2:36AM - It's been days, weeks, months, maybe even years; or maybe just thirteen minutes (although it sure as fuck feels like forever) since we've been stuck in this lineup. And it's been getting desperate here let me tell you! We've already killed and eaten Berkfinger (oddly enough he tasted just like chicken) and now we're drawing up master plans to divide up dude dressed like a fuckoff pumpkin. Generic James Bond Villain is more than happy to make this happen by concocting an entirely ridiculous doomsday contraption (that even a three year old could figure out its one fatal flaw and dismantle). Caitlin however already has a machete, so no drama there. And now entirely unrelated to anything that's about to happen (anyone got an industrial strength blender?) here's a few "scenic photos" I took of West Hindley Street in effort to distract you.
2:42AM - Oh look Enigma Bar's still open, isn't that wonderful!?
2:57AM - And then at long last, when it appeared we'd lost all hope, when it appeared there was no one left to eat (short of that Uruguayan rugby team that crash landed here moments earlier), we FINALLY gained entry. And stepping inside after ALL THIS TIME we fully expected to see Supermild packed to capacity, we fully expected to see it a few shades short of a firecode violation , we fully expected the busiest damn night in recent history for SURELY keeping us waiting for almost an hour outside could offer no other explanation. Only to step into this: a sparsely populated interior to realise we'd just been played. That arseclown of a bouncer (obviously a new one at that) had pulled the lamest trick in the book: by keeping a MASSIVE LINEUP outside of an almost empty venue, and all in effort to make this place appear "uber exclusive"!? DAMN YOU!!

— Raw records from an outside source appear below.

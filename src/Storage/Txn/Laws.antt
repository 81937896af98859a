-- ===== src/Storage/Txn/Laws.antt =====
-- The active list of storage/src/txn.c, and what a commit promises.
use codo.Prelude.{
  ℕ, ◌%◌, ◌+◌, ◌≤◌, ◌<◌, ◌≡◌, ◌≢◌, ◌-◌, refl, ap, ◌∙◌, Bool, true, false, ◌||◌, some, List, [], ◌∷◌,
  arith, ◌==◌, length, length-append, if◌then◌else◌,
}
use codo.Storage.Wal.{
  u64_mod, Wal, WriteResult, failed, wal_buffer_size, wal_commit, write_wal_record,
  flush_wal_buffer, put_record, record_bytes, write_all, reset, ok, error,
}
use codo.Storage.Wal.Append.{length-record_bytes}
use codo.Storage.Txn.{
  TxnState, active, Transaction, Engine, Ended, begin_transaction, unlink_transaction, log_commit,
  commit_transaction, abort_transaction,
}

unfoldable pub member : ℕ → List ℕ → Bool
member id [] = false
member id (t ∷ ts) = t == id || member id ts

-- Every id is below the bound, and none stands twice.
abbrev pub Distinct : ℕ → List ℕ → Type 0
Distinct bound [] = Unit
Distinct bound (t ∷ ts) = (t < bound) × (member t ts ≡ false) × Distinct bound ts

Distinct-mono : (m n : ℕ) (ts : List ℕ) → m ≤ n → Distinct m ts → Distinct n ts
Distinct-mono m n [] h d = tt
Distinct-mono m n (t ∷ ts) h d = (omega arith, d.1, Distinct-mono m n ts h d.2)

Distinct-fresh : (n : ℕ) (ts : List ℕ) → Distinct n ts → member n ts ≡ false
unfolding member
Distinct-fresh n [] d = refl
Distinct-fresh n (t ∷ ts) d = ground (arith, Distinct-fresh n ts d.2)

member-unlink :
    (n id q : ℕ) (ts : List ℕ)
    → Distinct n ts
    → member q (unlink_transaction id ts) ≡ (if id == q then false else member q ts)
unfolding member unlink_transaction
member-unlink n id q [] d = ground arith
member-unlink n id q (t ∷ ts) d = ground (arith, member-unlink n id q ts d.2)

Distinct-unlink : (n id : ℕ) (ts : List ℕ) → Distinct n ts → Distinct n (unlink_transaction id ts)
unfolding unlink_transaction
Distinct-unlink n id [] d = tt
Distinct-unlink n id (t ∷ ts) d =
    ground (arith, Distinct-unlink n id ts d.2, member-unlink n id t ts d.2)

-- While the 64-bit counter of ids has not run out, a new transaction is active, has an id that no
-- active one has, and is the one that is added; the ids stay distinct and below the next one.
pub begin_transaction-Distinct :
    (e : Engine)
    → e.next_txn_id + 1 < u64_mod
    → Distinct e.next_txn_id e.active_transactions
    → let (e', txn) = begin_transaction true e in
      (t : Transaction) × (txn ≡ some t)
      × (t.state ≡ active)
      × (member t.txn_id e.active_transactions ≡ false)
      × ((q : ℕ)
          → member q e'.active_transactions ≡ (t.txn_id == q || member q e.active_transactions))
      × Distinct e'.next_txn_id e'.active_transactions
unfolding begin_transaction member
begin_transaction-Distinct e left d = (
  _,
  refl,
  refl,
  Distinct-fresh e.next_txn_id e.active_transactions d,
  λ q. refl,
  (
    omega arith,
    Distinct-fresh e.next_txn_id e.active_transactions d,
    Distinct-mono e.next_txn_id ((e.next_txn_id + 1) % u64_mod) e.active_transactions (omega arith)
        d,
  ),
)

module _ (checksum : List ℕ → ℕ) (e : Engine) (txn : Transaction) (results : List WriteResult) where
  -- What closing a transaction does to the list: the handle leaves it, nothing else does.
  abbrev pub Closes : Ended → Type 0
  Closes r =
      ((q : ℕ)
        → member q r.engine.active_transactions
          ≡ (if txn.txn_id == q then false else member q e.active_transactions))
      × Distinct r.engine.next_txn_id r.engine.active_transactions
      × (r.txn.state ≢ active)

  closed_at :
      (r : Ended)
      → Distinct e.next_txn_id e.active_transactions
      → r.engine.active_transactions ≡ unlink_transaction txn.txn_id e.active_transactions
      → r.engine.next_txn_id ≡ e.next_txn_id
      → r.txn.state ≢ active
      → Closes r
  closed_at r d list next shut = (
    λ q. ap (member q) list ∙ member-unlink e.next_txn_id txn.txn_id q e.active_transactions d,
    rw (list, next) (Distinct-unlink e.next_txn_id txn.txn_id e.active_transactions d),
    shut,
  )

  -- A commit that returns 0 has taken the handle off the active list and left the others on it, and
  -- the handle is no longer active.
  pub commit_transaction-Closes :
      (r : Ended)
      → Distinct e.next_txn_id e.active_transactions
      → commit_transaction checksum e txn results ≡ some r
      → r.success ≡ true
      → Closes r
  unfolding commit_transaction
  commit_transaction-Closes r d h done = closed_at r d (ground arith) (ground arith) (ground arith)

  -- The same for an abort.
  pub abort_transaction-Closes :
      (r : Ended)
      → Distinct e.next_txn_id e.active_transactions
      → abort_transaction checksum e txn results ≡ some r
      → r.success ≡ true
      → Closes r
  unfolding abort_transaction
  abort_transaction-Closes r d h done = closed_at r d (ground arith) (ground arith) (ground arith)

module _ (checksum : List ℕ → ℕ) (wal : Wal) (txn_id : ℕ) where
  abbrev logged_wal : Wal
  logged_wal = put_record checksum wal txn_id wal_commit 0 []

  commit_record :
      (results : List WriteResult)
      → length wal.buffer + 32 ≤ wal_buffer_size
      → write_wal_record checksum wal txn_id wal_commit 0 [] results ≡ ok logged_wal results
  unfolding write_wal_record
  commit_record results room = ground arith

  failed_flush : flush_wal_buffer logged_wal (failed ∷ []) ≡ error logged_wal []
  unfolding flush_wal_buffer write_all reset put_record
  failed_flush =
      let full : 0 < length (put_record checksum wal txn_id wal_commit 0 []).buffer = omega (
        arith,
        length-append wal.buffer (record_bytes checksum wal.next_lsn txn_id wal_commit 0 []),
        length-record_bytes checksum txn_id wal_commit 0 [] wal.next_lsn,
      ) in
      ground arith

-- With the log enabled and room for the record in the buffer, a commit returns 0 also when write(2)
-- fails: nothing of the transaction has reached the file, and the caller is not told.
pub commit_unlogged :
    (checksum : List ℕ → ℕ) (e : Engine) (txn : Transaction)
    → txn.state ≡ active
    → e.enable_wal ≡ true
    → length e.wal.buffer + 32 ≤ wal_buffer_size
    → (r : Ended) × (commit_transaction checksum e txn (failed ∷ []) ≡ some r)
      × (r.success ≡ true)
      × (r.engine.wal.file ≡ e.wal.file)
unfolding commit_transaction log_commit put_record
commit_unlogged checksum e txn is_active logged room =
    let after = logged_wal checksum e.wal txn.txn_id in
    (
      record {
        engine = record e {
          wal = after;
          active_transactions = unlink_transaction txn.txn_id e.active_transactions;
          transactions_committed = (e.transactions_committed + 1) % u64_mod;
        };
        txn = record txn {
          state = TxnState.committed;
          commit_lsn = (after.next_lsn + (u64_mod - 1)) % u64_mod;
        };
        success = true;
      },
      ground (
        arith,
        commit_record checksum e.wal txn.txn_id (failed ∷ []) room,
        failed_flush checksum e.wal txn.txn_id,
      ),
      refl,
      refl,
    )
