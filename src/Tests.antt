-- ===== src/Tests.antt =====
-- The theorems at concrete inputs, one file for each program.
mod Pages
mod Trees
mod Logs
mod Keys
mod Backends
mod Queues
mod Routes
mod Requests
mod Responses
mod Frames
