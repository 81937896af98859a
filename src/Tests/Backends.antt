-- ===== src/Tests/Backends.antt =====
-- The balancer with three backends.
use codo.Prelude.{ℕ, ◌+◌, ◌<◌, ◌≡◌, refl, true, false, some, List, [], ◌∷◌, arith, leb, not}
use codo.Prelude.Int.{ℤ, pos, negsuc}
use codo.Balancer.Selection.{
  Backend, is_healthy, recover, health_recovery_secs, backend_round_robin_select,
}
use codo.Balancer.Selection.RoundRobin.{
  IsTurn, sum_current, takes_part, turn_weight, backend_round_robin_select-Best,
  backend_round_robin_select-sum,
}
use codo.Balancer.Health.{
  health_failure_threshold, mark_backend_failure, mark_backend_success, failures, failures-healthy,
  recover_after_failure,
}

abbrev backend : ℕ → ℤ → ℕ → Backend
backend weight current_weight health_status = record {
  weight = weight;
  current_weight = current_weight;
  current_connections = 0;
  failed_requests = 0;
  consecutive_failures = 0;
  health_status = health_status;
  last_health_check = 100;
}

abbrev three_backends : List Backend
three_backends = backend 5 (negsuc 1) 1 ∷ backend 1 (pos 1) 0 ∷ backend 2 (pos 1) 1 ∷ []

some_weight : 0 < turn_weight 105 three_backends
unfolding turn_weight takes_part
some_weight = ground arith

backend_round_robin_select-Best_example :
    (i : ℕ) × (b : Backend) × ((backend_round_robin_select 105 three_backends).1 ≡ some i)
    × IsTurn 105 three_backends (backend_round_robin_select 105 three_backends).0 i b
backend_round_robin_select-Best_example =
    backend_round_robin_select-Best 105 three_backends some_weight

backend_round_robin_select-sum_example :
    sum_current (backend_round_robin_select 200 three_backends).0 ≡ sum_current three_backends
backend_round_robin_select-sum_example = backend_round_robin_select-sum 200 three_backends

failures-healthy_example :
    is_healthy (failures 4 200 (backend 5 (pos 0) 1)) ≡ not (leb health_failure_threshold 4)
failures-healthy_example = failures-healthy 4 200 (backend 5 (pos 0) 1) refl refl

abbrev down : Backend
down = backend 5 (pos 0) 0

still_down : is_healthy (mark_backend_failure 200 down) ≡ false
unfolding mark_backend_failure
still_down = refl

recover_after_failure_example :
    (is_healthy (recover 240 (mark_backend_failure 200 down))
      ≡ leb (200 + health_recovery_secs) 240)
    × (is_healthy (mark_backend_success down) ≡ true)
    × ((mark_backend_success down).consecutive_failures ≡ 0)
recover_after_failure_example = recover_after_failure down 200 240 still_down (omega arith)
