-- ===== src/Tests/Frames.antt =====
-- server/src/websocket.c at short frames.
use codo.Prelude.{◌+◌, ◌≤◌, ◌<◌, ◌≡◌, refl, true, false, [], ◌∷◌, ◌++◌, inl, inr, arith, length}
use codo.Common.Connection.{Buffer, max_response_size}
use codo.Server.WebSocket.{ws_process_frames}
use codo.Server.WebSocket.Client.{
  Message, short_length, long_length, client_header, server_frame, frame_size,
}
use codo.Server.WebSocket.Echo.{reply, replies, frames, ws_process_frames-replies}
use codo.Server.WebSocket.Split.{then_process, ws_process_frames-append}

abbrev empty_buffer : Buffer
empty_buffer = record { allocated = false; cap = 0; used = [] }

-- The text "hello" and an empty ping.
abbrev hello : Message
hello = record {
  fin = true;
  opcode = 1;
  mask = 1 ∷ 2 ∷ 3 ∷ 4 ∷ [];
  payload = b'h' ∷ b'e' ∷ b'l' ∷ b'l' ∷ b'o' ∷ [];
}

abbrev ping : Message
ping = record { fin = true; opcode = 9; mask = 5 ∷ 6 ∷ 7 ∷ 8 ∷ []; payload = [] }

hello-small : frame_size hello < 64
unfolding frame_size client_header short_length long_length
hello-small = omega arith

ping-small : frame_size ping < 64
unfolding frame_size client_header short_length long_length
ping-small = omega arith

answers-small : 0 + length (replies (hello ∷ ping ∷ [])) ≤ max_response_size
unfolding replies reply server_frame short_length long_length
answers-small = omega arith

ws_process_frames-replies_example :
    ((ws_process_frames (λ size. true) 64 empty_buffer (frames (hello ∷ ping ∷ []) [])).left ≡ [])
    × (((ws_process_frames
            (λ size. true)
            64
            empty_buffer
            (frames (hello ∷ ping ∷ []) [])).should_close
          ≡ false)
        × ((ws_process_frames
              (λ size. true)
              64
              empty_buffer
              (frames (hello ∷ ping ∷ []) [])).write.used
            ≡ [] ++ replies (hello ∷ ping ∷ [])))
ws_process_frames-replies_example =
    ws_process_frames-replies (λ size. true) 64 empty_buffer (hello ∷ ping ∷ []) (λ size h. refl)
      (
        (
          (
            omega arith,
            (
              refl,
              (
                omega arith,
                (omega arith, (omega arith, (omega arith, (omega arith, (omega arith, tt))))),
              ),
            ),
          ),
          (hello-small, inl (inl refl, refl)),
        ),
        (
          (
            (omega arith, (refl, (omega arith, tt))),
            (ping-small, inr (inl (refl, (refl, omega arith)))),
          ),
          tt,
        ),
      )
      (omega arith, omega arith) answers-small

-- A masked ping, cut behind its second byte.
ws_process_frames-append_example :
    ws_process_frames (λ size. true) 64 empty_buffer ((137 ∷ 128 ∷ []) ++ (5 ∷ 6 ∷ 7 ∷ 8 ∷ []))
    ≡ then_process
        (λ size. true)
        64
        (ws_process_frames (λ size. true) 64 empty_buffer (137 ∷ 128 ∷ []))
        (5 ∷ 6 ∷ 7 ∷ 8 ∷ [])
ws_process_frames-append_example =
    ws_process_frames-append (λ size. true) 64 empty_buffer (137 ∷ 128 ∷ []) (5 ∷ 6 ∷ 7 ∷ 8 ∷ [])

Still the mood was lightened somewhat when we realised we'd also stepped foot into a Halloween party celebrated one night early on a Friday (yup, go figure!). They'd gone all out for this shit. All the barstaff were decked out like slain circus freaks (which obviously I couldn't be arsed taking photos of.. so y'know, take my word for it?). The ceilings were festoon with cobwebs. And best of all? that teeny tiny Frankenstein lantern stuffed into the "muppet wall" by the dancefloor!? maddest shit ever! Wait, where was I again? oh yeah! in a serious need to get shitfaced drunk! It's like they almost made me forgot I'd been waiting outside for a full fucking hour to get here!
4:00AM - And so it was here that I pissed away the remainder of the night with all the usual suspects. Or in other words pretty much the same five freaks I ALWAYS find in Supermild past four in the morning. And as much as I'd love to detail ANY of the hilarious exploits we got up to in following: in ways that are far more wildly hallucinogenic than in any ways helpful (or in other words make shit up as I go along because I'm simply way too drunk to remember) this time? yeah fuck it I seriously couldn't be arsed. But hey at least we appear to be having fun and killing off scores of our braincells whilst doing it, and isn't that what's really important? yeaaah probably not.
Wait who the FUCK are all these people again? HELP!?
Yup the "quiet night out" is STILL possible, I swear! I mean sure it might not look like one, it might not sound like one, it sure as shit don't smell like one, and it's pretty fucking far away from any loose definition of the term you could ever hope to use in effort to describe one (so much so I'm beginning to suspect I failed on all accounts and had an exceptionally LOUD one instead!?) but it's the thought that counts. And as long as I keep thinking it? everything will work out fine!